- What to produce
Among these entries, how many lines have the string "ActiveGap" in them? Only the number is needed.

BEGIN

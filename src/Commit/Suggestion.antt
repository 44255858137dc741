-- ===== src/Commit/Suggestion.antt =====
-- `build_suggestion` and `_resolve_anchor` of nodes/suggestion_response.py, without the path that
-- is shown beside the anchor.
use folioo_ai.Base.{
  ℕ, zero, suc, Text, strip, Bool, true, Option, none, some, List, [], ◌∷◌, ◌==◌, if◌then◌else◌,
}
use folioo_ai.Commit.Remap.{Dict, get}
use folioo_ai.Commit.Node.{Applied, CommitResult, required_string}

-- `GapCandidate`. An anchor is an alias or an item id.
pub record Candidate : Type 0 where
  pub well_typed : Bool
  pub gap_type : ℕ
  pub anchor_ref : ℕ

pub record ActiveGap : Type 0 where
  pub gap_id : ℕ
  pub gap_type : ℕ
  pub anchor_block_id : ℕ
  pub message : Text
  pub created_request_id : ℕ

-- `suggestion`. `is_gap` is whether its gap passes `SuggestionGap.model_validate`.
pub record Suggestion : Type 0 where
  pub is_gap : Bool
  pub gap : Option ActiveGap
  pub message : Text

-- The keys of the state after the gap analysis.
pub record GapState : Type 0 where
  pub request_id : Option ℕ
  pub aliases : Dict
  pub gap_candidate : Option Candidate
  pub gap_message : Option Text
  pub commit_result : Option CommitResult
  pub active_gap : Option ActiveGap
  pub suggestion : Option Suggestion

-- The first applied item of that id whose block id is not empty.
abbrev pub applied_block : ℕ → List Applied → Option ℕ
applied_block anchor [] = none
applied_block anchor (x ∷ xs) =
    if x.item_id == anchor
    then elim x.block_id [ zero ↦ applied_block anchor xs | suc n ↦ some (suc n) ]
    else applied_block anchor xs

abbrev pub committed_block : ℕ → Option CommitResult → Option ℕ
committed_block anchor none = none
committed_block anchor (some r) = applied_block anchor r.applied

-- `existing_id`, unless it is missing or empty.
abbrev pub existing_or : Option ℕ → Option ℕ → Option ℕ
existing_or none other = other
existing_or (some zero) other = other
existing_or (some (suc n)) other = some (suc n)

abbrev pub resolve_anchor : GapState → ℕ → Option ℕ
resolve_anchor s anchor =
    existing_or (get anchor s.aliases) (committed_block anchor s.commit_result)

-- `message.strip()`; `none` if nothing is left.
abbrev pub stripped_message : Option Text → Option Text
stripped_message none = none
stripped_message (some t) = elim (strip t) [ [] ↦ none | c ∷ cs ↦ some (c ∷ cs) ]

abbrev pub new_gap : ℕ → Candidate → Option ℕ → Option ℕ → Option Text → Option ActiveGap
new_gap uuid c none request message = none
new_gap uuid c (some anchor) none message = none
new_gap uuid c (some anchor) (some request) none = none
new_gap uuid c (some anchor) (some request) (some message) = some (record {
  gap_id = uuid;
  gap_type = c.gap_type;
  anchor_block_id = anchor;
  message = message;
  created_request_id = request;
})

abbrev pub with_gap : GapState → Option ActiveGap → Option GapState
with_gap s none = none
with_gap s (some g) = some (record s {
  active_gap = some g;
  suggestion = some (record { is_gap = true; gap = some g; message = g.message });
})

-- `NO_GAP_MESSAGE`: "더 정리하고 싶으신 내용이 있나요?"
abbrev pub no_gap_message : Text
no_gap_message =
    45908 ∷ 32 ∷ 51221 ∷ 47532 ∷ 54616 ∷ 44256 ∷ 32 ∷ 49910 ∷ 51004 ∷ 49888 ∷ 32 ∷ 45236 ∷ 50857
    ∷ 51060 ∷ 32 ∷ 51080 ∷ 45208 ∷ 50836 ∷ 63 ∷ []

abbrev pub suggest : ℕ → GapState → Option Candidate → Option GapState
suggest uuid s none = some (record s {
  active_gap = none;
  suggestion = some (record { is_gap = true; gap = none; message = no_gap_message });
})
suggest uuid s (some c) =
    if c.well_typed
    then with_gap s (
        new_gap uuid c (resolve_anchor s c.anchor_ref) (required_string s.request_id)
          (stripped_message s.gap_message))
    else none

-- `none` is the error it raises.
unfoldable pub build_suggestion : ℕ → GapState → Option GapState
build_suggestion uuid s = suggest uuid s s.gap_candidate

END

- Your response
5